Dating while disabled presents a set of unique challenges, but there are plenty of ways to navigate sex, dating, and relationships to create a healthy, fun space for yourself.
In this stream, matchmaker and three-time stroke survivor Claire AH talks about dating while disabled: when to disclose your disability, how and if you should educate your suitor, dealing with microaggressions, what to do when we come up against people with fetishes or ulterior motives, and how accessibility can affect us.
For people with visible disabilities, disclosing disability is not an issue. But for those with more invisible disabilities, knowing when to talk about it can be difficult. Like most things in dating, it’s a personal decision: Some like to be upfront and include a picture or description in a dating profile, while others like to only bring it up when relevant. Being upfront, however, can be a good way to weed out those who won’t date a person with a disability for whatever reason.
If you do match with someone on an app or meet someone, they may have questions about your disability. Of course, it’s up to you to set your own boundaries about what you will and will not answer. Claire AH suggests saying something like, “Hey, these are all really great questions, let's get to know each other a little bit better and maybe we can discuss this more in person [...]” You could also decide you never want to educate people and that you only want to date people “who get it.” The same goes for dealing with people who present “benevolent ableism” or microaggressions. This can be anything from people being condescending, to people being surprised you can or want to do things, to people applying a friend’s experience to your own. You get to decide if you want to engage, if you want to give someone the benefit of the doubt, or if you want to leave that person behind entirely.
If you do find someone you want to go on a date with, you’ll want to consider an accessible meeting space. For example, choose somewhere well lit, if you have low visibility. Choose a bar without stairs and an easy entrance bathroom if you use a mobility device. If you haven’t had luck with dating apps, you can narrow your dating search to places you know are accessible and where people are more likely to accept and understand your disability — Meetup.com can be a good tool for this, as you can connect with social-justice or volunteer-oriented groups, where people are often more likely to be educated on disability. You could also find Meetups for board game or movie nights, a theater group, etc.
When dating, Claire AH says you may want to be wary of people who want to be with you to fulfill a fetish.
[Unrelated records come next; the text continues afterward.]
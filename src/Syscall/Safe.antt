-- ===== src/Syscall/Safe.antt =====
-- When the kernel's decoding of a syscall (xous/xous-rs/src/syscall.rs) cannot panic.
use beet_core.Common.{ℕ, ◌≢◌, subst, Option, none, some, ◌==◌, ltb, Bool-cases, inl, inr}
use beet_core.Abi.Error.{Error}
use beet_core.Abi.Outcome.{Outcome, ok, err, panic, ok_or, ◌>>=◌}
use beet_core.Abi.Message.{
  MemoryRange, MemoryMessage, Message, mutable_borrow, borrow, move, new_nonzero, try_from,
}
use beet_core.Abi.Result.{Words7}
use beet_core.Syscall.Number.{SysCallNumber, from}
use beet_core.Syscall.Call.{IsU32}
use beet_core.Syscall.Decode.{
  from_args, decode, send_decoded, try_send_decoded, try_send_memory, args_to_thread, args_to_stack,
  process_try_from, range_new, range_or_invalid, or_invalid, pid_new, pid_from_usize,
}
use beet_core.Syscall.Parts.{to_u32_round}

-- The operation returns a value or an error.
abbrev Safe {ℓ} : {A : Type ℓ} → Outcome A → Type 0
Safe (ok a) = Unit {0}
Safe (err e) = Unit {0}
Safe panic = ⊥

Safe-bind {ℓ κ} :
    {A : Type ℓ} {B : Type κ} (m : Outcome A) (f : A → Outcome B)
    → Safe m
    → ((a : A) → Safe (f a))
    → Safe (m >>= f)
Safe-bind (ok a) f h k = k a
Safe-bind (err e) f h k = tt
Safe-bind panic f h k = h

ok_or-Safe {ℓ} : {A : Type ℓ} (o : Option A) (e : Error) → Safe (ok_or o e)
ok_or-Safe none e = tt
ok_or-Safe (some a) e = tt

range_new-Safe : (a s : ℕ) → Safe (range_new a s)
unfolding range_new
range_new-Safe a s =
    Safe-bind (ok_or (new_nonzero a) _) _ (ok_or-Safe (new_nonzero a) _)
      (λ x. Safe-bind (ok_or (new_nonzero s) _) _ (ok_or-Safe (new_nonzero s) _) (λ y. tt))

or_invalid-Safe : (out : Outcome MemoryRange) → Safe out → Safe (or_invalid out)
or_invalid-Safe (ok range) h = tt
or_invalid-Safe (err e) h = tt
or_invalid-Safe panic h = h

range_or_invalid-Safe : (a s : ℕ) → Safe (range_or_invalid a s)
unfolding range_or_invalid
range_or_invalid-Safe a s = or_invalid-Safe (range_new a s) (range_new-Safe a s)

pid_from_usize-Safe : (a : ℕ) → Safe (pid_from_usize a)
unfolding pid_from_usize
pid_from_usize-Safe a = elim (Bool-cases (ltb 255 a)) [
  | inl big ↦ rw big tt
  | inr small ↦ rw small (ok_or-Safe (pid_new a) _)
]

args_to_stack-Safe : (a s : ℕ) → Safe (args_to_stack a s)
unfolding args_to_stack
args_to_stack-Safe a s = elim (Bool-cases (a == 0)) [
  | inl at ↦ rw at tt
  | inr off ↦ rw off (Safe-bind (range_new a s) _ (range_new-Safe a s) (λ x. tt))
]

args_to_thread-Safe : (w : Words7) → Safe (args_to_thread w)
unfolding args_to_thread
args_to_thread-Safe (a1, a2, a3, a4, a5, a6, a7) =
    Safe-bind (args_to_stack a2 a3) _ (args_to_stack-Safe a2 a3) (λ x. tt)

process_try_from-Safe : (w : Words7) → Safe (process_try_from w)
unfolding process_try_from
process_try_from-Safe (a0, a1, a2, a3, a4, a5, a6) =
    Safe-bind (range_new a0 a1) _ (range_new-Safe a0 a1)
      (λ x. Safe-bind (ok_or (new_nonzero a6) _) _ (ok_or-Safe (new_nonzero a6) _) (λ y. tt))

send_decoded-Safe :
    (o : Option Message) (a1 a2 a3 a4 a5 a6 a7 : ℕ)
    → IsU32 a1
    → Safe (send_decoded o (a1, a2, a3, a4, a5, a6, a7))
unfolding send_decoded
send_decoded-Safe none a1 a2 a3 a4 a5 a6 a7 h = tt
send_decoded-Safe (some m) a1 a2 a3 a4 a5 a6 a7 h = rw (to_u32_round a1 h) tt

try_send_memory-Safe : (w : Words7) (kind : MemoryMessage → Message) → Safe (try_send_memory w kind)
try_send_memory-Safe (a1, a2, a3, a4, a5, a6, a7) kind =
    Safe-bind (range_new a4 a5) _ (range_new-Safe a4 a5) (λ x. tt)

try_send_decoded-Safe :
    (a1 a2 a3 a4 a5 a6 a7 : ℕ) → IsU32 a1 → Safe (try_send_decoded (a1, a2, a3, a4, a5, a6, a7))
unfolding try_send_decoded
try_send_decoded-Safe a1 a2 a3 a4 a5 a6 a7 h =
    let w : Words7 = (a1, a2, a3, a4, a5, a6, a7) in
    elim (Bool-cases (a2 == 1)) [
      | inl t ↦ rw t (try_send_memory-Safe w mutable_borrow)
      | inr n1 ↦ elim (Bool-cases (a2 == 2)) [
        | inl t ↦ rw n1 (rw t (try_send_memory-Safe w borrow))
        | inr n2 ↦ elim (Bool-cases (a2 == 3)) [
          | inl t ↦ rw n1 (rw n2 (rw t (try_send_memory-Safe w move)))
          | inr n3 ↦ elim (Bool-cases (a2 == 4)) [
            | inl t ↦ rw n1 (rw n2 (rw n3 (rw t tt)))
            | inr n4 ↦ elim (Bool-cases (a2 == 5)) [
              | inl t ↦ rw n1 (rw n2 (rw n3 (rw n4 (rw t (rw (to_u32_round a1 h) tt)))))
              | inr n5 ↦ rw n1 (rw n2 (rw n3 (rw n4 (rw n5 tt))))
            ]
          ]
        ]
      ]
    ]

decode-Safe :
    (number : SysCallNumber) (a1 a2 a3 a4 a5 a6 a7 : ℕ)
    → IsU32 a1
    → Safe (decode number (a1, a2, a3, a4, a5, a6, a7))
unfolding decode
decode-Safe SysCallNumber.map_memory a1 a2 a3 a4 a5 a6 a7 h =
    Safe-bind (ok_or (new_nonzero a3) _) _ (ok_or-Safe (new_nonzero a3) _) (λ x0. tt)
decode-Safe SysCallNumber.unmap_memory a1 a2 a3 a4 a5 a6 a7 h =
    Safe-bind (range_or_invalid a1 a2) _ (range_or_invalid-Safe a1 a2) (λ x0. tt)
decode-Safe SysCallNumber.increase_heap a1 a2 a3 a4 a5 a6 a7 h =
    Safe-bind (ok_or (new_nonzero a1) _) _ (ok_or-Safe (new_nonzero a1) _) (λ x0. tt)
decode-Safe SysCallNumber.update_memory_flags a1 a2 a3 a4 a5 a6 a7 h =
    Safe-bind (range_new a1 a2) _ (range_new-Safe a1 a2) (λ x0. tt)
decode-Safe SysCallNumber.claim_interrupt a1 a2 a3 a4 a5 a6 a7 h =
    Safe-bind (ok_or (new_nonzero a2) _) _ (ok_or-Safe (new_nonzero a2) _) (λ x0. tt)
decode-Safe SysCallNumber.send_message a1 a2 a3 a4 a5 a6 a7 h =
    send_decoded-Safe (try_from (a2, a3, a4, a5, a6, a7)) a1 a2 a3 a4 a5 a6 a7 h
decode-Safe SysCallNumber.try_send_message a1 a2 a3 a4 a5 a6 a7 h =
    try_send_decoded-Safe a1 a2 a3 a4 a5 a6 a7 h
decode-Safe SysCallNumber.return_memory a1 a2 a3 a4 a5 a6 a7 h =
    Safe-bind (range_new a2 a3) _ (range_new-Safe a2 a3) (λ x0. tt)
decode-Safe SysCallNumber.create_thread a1 a2 a3 a4 a5 a6 a7 h =
    Safe-bind (args_to_thread (a1, a2, a3, a4, a5, a6, a7)) _
      (args_to_thread-Safe (a1, a2, a3, a4, a5, a6, a7)) (λ x. tt)
decode-Safe SysCallNumber.create_process a1 a2 a3 a4 a5 a6 a7 h =
    Safe-bind (process_try_from (a1, a2, a3, a4, a5, a6, a7)) _
      (process_try_from-Safe (a1, a2, a3, a4, a5, a6, a7)) (λ x. tt)
decode-Safe SysCallNumber.terminate_pid a1 a2 a3 a4 a5 a6 a7 h =
    Safe-bind (ok_or (pid_new a1) _) _ (ok_or-Safe (pid_new a1) _) (λ x0. tt)
decode-Safe SysCallNumber.connect_for_process a1 a2 a3 a4 a5 a6 a7 h =
    Safe-bind (ok_or (pid_new a1) _) _ (ok_or-Safe (pid_new a1) _) (λ x0. tt)
decode-Safe SysCallNumber.virt_to_phys_pid a1 a2 a3 a4 a5 a6 a7 h =
    Safe-bind (pid_from_usize a1) _ (pid_from_usize-Safe a1) (λ x0. tt)
decode-Safe SysCallNumber.get_app_id a1 a2 a3 a4 a5 a6 a7 h =
    Safe-bind (ok_or (pid_new a1) _) _ (ok_or-Safe (pid_new a1) _) (λ x0. tt)
decode-Safe SysCallNumber.allow_messages_cid a1 a2 a3 a4 a5 a6 a7 h =
    Safe-bind (ok_or (pid_new a1) _) _ (ok_or-Safe (pid_new a1) _) (λ x0. tt)
decode-Safe SysCallNumber.invalidate_cache a1 a2 a3 a4 a5 a6 a7 h =
    Safe-bind (range_new a1 a2) _ (range_new-Safe a1 a2) (λ x0. tt)
decode-Safe SysCallNumber.mirror_memory_to_pid a1 a2 a3 a4 a5 a6 a7 h =
    Safe-bind (range_new a1 a2) _ (range_new-Safe a1 a2)
      (λ x1. Safe-bind (ok_or (pid_new a3) _) _ (ok_or-Safe (pid_new a3) _) (λ x0. tt))
decode-Safe SysCallNumber.debug_command a1 a2 a3 a4 a5 a6 a7 h =
    Safe-bind (range_new a1 a2) _ (range_new-Safe a1 a2) (λ x0. tt)
decode-Safe SysCallNumber.get_panic_message a1 a2 a3 a4 a5 a6 a7 h =
    Safe-bind (range_new a1 a2) _ (range_new-Safe a1 a2) (λ x0. tt)
decode-Safe SysCallNumber.wait_process a1 a2 a3 a4 a5 a6 a7 h =
    Safe-bind (ok_or (pid_new a1) _) _ (ok_or-Safe (pid_new a1) _) (λ x0. tt)
decode-Safe SysCallNumber.post_event a1 a2 a3 a4 a5 a6 a7 h =
    Safe-bind (ok_or (pid_new a1) _) _ (ok_or-Safe (pid_new a1) _) (λ x0. tt)
decode-Safe _ a1 a2 a3 a4 a5 a6 a7 h = tt

Safe-ne_panic {ℓ} : {A : Type ℓ} (out : Outcome A) → Safe out → out ≢ panic
Safe-ne_panic out h = λ e. subst Safe e h

-- When the first argument fits in a u32, as a connection id does, no syscall number and no other
-- arguments make the decoding panic.
pub from_args-no_panic :
    (a0 a1 a2 a3 a4 a5 a6 a7 : ℕ) → IsU32 a1 → from_args (a0, a1, a2, a3, a4, a5, a6, a7) ≢ panic
unfolding from_args
from_args-no_panic a0 a1 a2 a3 a4 a5 a6 a7 h =
    Safe-ne_panic (decode (from a0) (a1, a2, a3, a4, a5, a6, a7))
      (decode-Safe (from a0) a1 a2 a3 a4 a5 a6 a7 h)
A person fetishizing you may be making assumptions about disability in general, and eroticizing the fact you need them to care for you. While this can be OK in healthy amounts, it can be problematic for someone to view you as helpless, and to not want to date you for other reasons. While there’s definitely a fair share of people out there with ulterior motives, there’s likely even more who just want to date you for you.
While dating with a disability can certainly be a challenge, there are many ways to make it work for you. It’s important to define your boundaries, think about how you’d like to disclose and communicate your disability, and how much information you are willing to share with a potential suitor about it. Selecting spaces where more accepting people gather can be a good first step toward finding someone who is right for you.